Which lines of the entries below run from the one holding "main_queue ↦ record" to the one holding "module _ (hash_key : ℕ → List ℕ → ℕ) where", inclusive? Set down exactly those lines and no others.

Content starts

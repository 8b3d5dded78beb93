-- ===== src/Cache/Ops.antt =====
-- The cache's operations on the shard of their key: `Get`, `GetCopy`, `putEntry` behind `Put` and
-- `PutShared`, `Erase` and `SetBudget` of server/cache/s3fifo_cache.cc. Each runs under the shard's lock.
use fluxkv.Base.{
  ℕ, ◌%◌, ◌^◌, ◌+◌, ◌*◌, ◌/◌, Bool, true, false, List, [], ◌∷◌, Option, none, some, if◌then◌else◌,
  ltb, ◌==◌, length,
}
use fluxkv.Cache.Entry.{Entry, small_queue, main_queue, map_key, vb_key, bytes_eq}
use fluxkv.Cache.Shard.{
  Shard, find, unlink, insert, index_erase, free, evict, hash_of, max_freq, small_percent,
}

-- `ReadStatSlot`, summed over the threads.
pub record ReadStats : Type 0 where
  pub hits : ℕ
  pub misses : ℕ
  pub tombstone_hits : ℕ
  pub fills_rejected : ℕ

pub record CachedDoc : Type 0 where
  pub seqno : ℕ
  pub flags : ℕ
  pub expiry : ℕ
  pub datatype : ℕ
  pub deleted : Bool
  pub value : List ℕ

abbrev pub doc_of : Entry → CachedDoc
doc_of e = record {
  seqno = e.seqno;
  flags = e.flags;
  expiry = e.expiry;
  datatype = e.datatype;
  deleted = e.deleted;
  value = e.value;
}

-- A store through the pointer that `find` returned.
unfoldable pub update_key : List ℕ → (Entry → Entry) → List Entry → List Entry
update_key mk f [] = []
update_key mk f (e ∷ es) = if bytes_eq (map_key e) mk then f e ∷ es else e ∷ update_key mk f es

unfoldable pub update : Shard → Entry → (Entry → Entry) → Shard
unfolding update_key
update s e f = elim e.queue [
  | small_queue ↦ record s {
    small = (let q = s.small in record q { items = update_key (map_key e) f q.items });
  }
  | main_queue ↦ record s {
    main = (let q = s.main in record q { items = update_key (map_key e) f q.items });
  }
]

-- `if (f < kMaxFreq) e->freq.store(f + 1)`
abbrev pub hit : Entry → Entry
hit e = if ltb e.freq max_freq then record e { freq = e.freq + 1 } else e

abbrev pub count_hit : ReadStats → Bool → ReadStats
count_hit st deleted =
    if deleted
    then record st { tombstone_hits = st.tombstone_hits + 1 }
    else record st { hits = st.hits + 1 }

-- Results of `GetCopy`, with what it stores to its out parameters.
pub data GetResult : Type 0 where
  miss : GetResult
  found : CachedDoc → GetResult
  tombstone : CachedDoc → GetResult
  too_large : CachedDoc → GetResult

module _ (hash_key : ℕ → List ℕ → ℕ) where
  -- `Get`: the document that it hands to the callback, or `none` for the result `false`.
  unfoldable pub get : ReadStats → Shard → ℕ → List ℕ → ReadStats × Shard × Option CachedDoc
  get st s vbid key = elim (find s (hash_key vbid key) (vb_key vbid key)) [
    | none ↦ (record st { misses = st.misses + 1 }, s, none)
    | some e ↦ (count_hit st e.deleted, update s e hit, some (doc_of e))
  ]

  -- `GetCopy`, with a buffer of `buf_cap` bytes.
  unfoldable pub get_copy : ReadStats → Shard → ℕ → List ℕ → ℕ → ReadStats × Shard × GetResult
  get_copy st s vbid key buf_cap = elim (find s (hash_key vbid key) (vb_key vbid key)) [
    | none ↦ (record st { misses = st.misses + 1 }, s, miss)
    | some e ↦
        (let s' = update s e hit in
          if e.deleted
          then (count_hit st true, s', tombstone (doc_of e))
          else (if ltb buf_cap (length e.value)
              then (st, s', too_large (doc_of e))
              else (count_hit st false, s', found (doc_of e))))
  ]

  -- The part of `putEntry` after an older version is out of the way.
  unfoldable pub store_entry : Shard → Entry → ℕ → Shard
  store_entry s e carry =
      let counted = record s {
        pending_items = if carry == 0 then s.pending_items + 1 else s.pending_items;
      } in
      let inserted =
        insert counted (record e { pending = (carry + 1) % 2 ^ 32 }) (hash_of hash_key e) in
      evict hash_key (record inserted { puts = inserted.puts + 1 })

  -- The part of `putEntry` that takes the older version out.
  unfoldable pub displace : Shard → ℕ → Entry → Shard
  displace s h old =
      let unlinked = unlink s old in
      record unlinked { index = index_erase h (map_key old) unlinked.index }

  -- `putEntry`
  unfoldable pub put_entry : Shard → Entry → Shard
  unfolding store_entry displace
  put_entry s e = elim (find s (hash_of hash_key e) (map_key e)) [
    | none ↦ store_entry s e 0
    | some old ↦ store_entry (displace s (hash_of hash_key e) old) e old.pending
  ]

  -- `Put`: an entry that holds its value.
  unfoldable pub put : Shard → ℕ → List ℕ → List ℕ → ℕ → ℕ → ℕ → Bool → Shard
  unfolding put_entry
  put s vbid key value flags expiry datatype deleted = put_entry s (record {
    seqno = 0;
    flags = flags;
    expiry = expiry;
    pending = 0;
    vbid = vbid;
    datatype = datatype;
    deleted = deleted;
    freq = 0;
    queue = small_queue;
    shared_cap = none;
    key = key;
    value = value;
  })

  -- `PutShared`: an entry whose value stays in a buffer of the request, of a given capacity.
  unfoldable pub put_shared : Shard → ℕ → List ℕ → List ℕ → ℕ → ℕ → ℕ → ℕ → Bool → Shard
  unfolding put_entry
  put_shared s vbid key value capacity flags expiry datatype deleted = put_entry s (record {
    seqno = 0;
    flags = flags;
    expiry = expiry;
    pending = 0;
    vbid = vbid;
    datatype = datatype;
    deleted = deleted;
    freq = 0;
    queue = small_queue;
    shared_cap = some capacity;
    key = key;
    value = value;
  })

  -- `Erase`
  unfoldable pub erase : Shard → ℕ → List ℕ → Shard
  erase s vbid key = elim (find s (hash_key vbid key) (vb_key vbid key)) [
    | none ↦ s
    | some e ↦ free hash_key (unlink s e) e
  ]

  -- The loop body of `SetBudget` on one shard, given its part of the budget.
  unfoldable pub set_budget : Shard → ℕ → Shard
  set_budget s per_shard =
      evict hash_key
        (record s { budget = per_shard; small_budget = per_shard * small_percent / 100 })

Content ends

- [Response to the exercise]:
  | main_queue ↦ record s {
    main = (let q = s.main in record q { items = update_key (map_key e) f q.items });
  }
]

-- `if (f < kMaxFreq) e->freq.store(f + 1)`
abbrev pub hit : Entry → Entry
hit e = if ltb e.freq max_freq then record e { freq = e.freq + 1 } else e

abbrev pub count_hit : ReadStats → Bool → ReadStats
count_hit st deleted =
    if deleted
    then record st { tombstone_hits = st.tombstone_hits + 1 }
    else record st { hits = st.hits + 1 }

-- Results of `GetCopy`, with what it stores to its out parameters.
pub data GetResult : Type 0 where
  miss : GetResult
  found : CachedDoc → GetResult
  tombstone : CachedDoc → GetResult
  too_large : CachedDoc → GetResult

module _ (hash_key : ℕ → List ℕ → ℕ) where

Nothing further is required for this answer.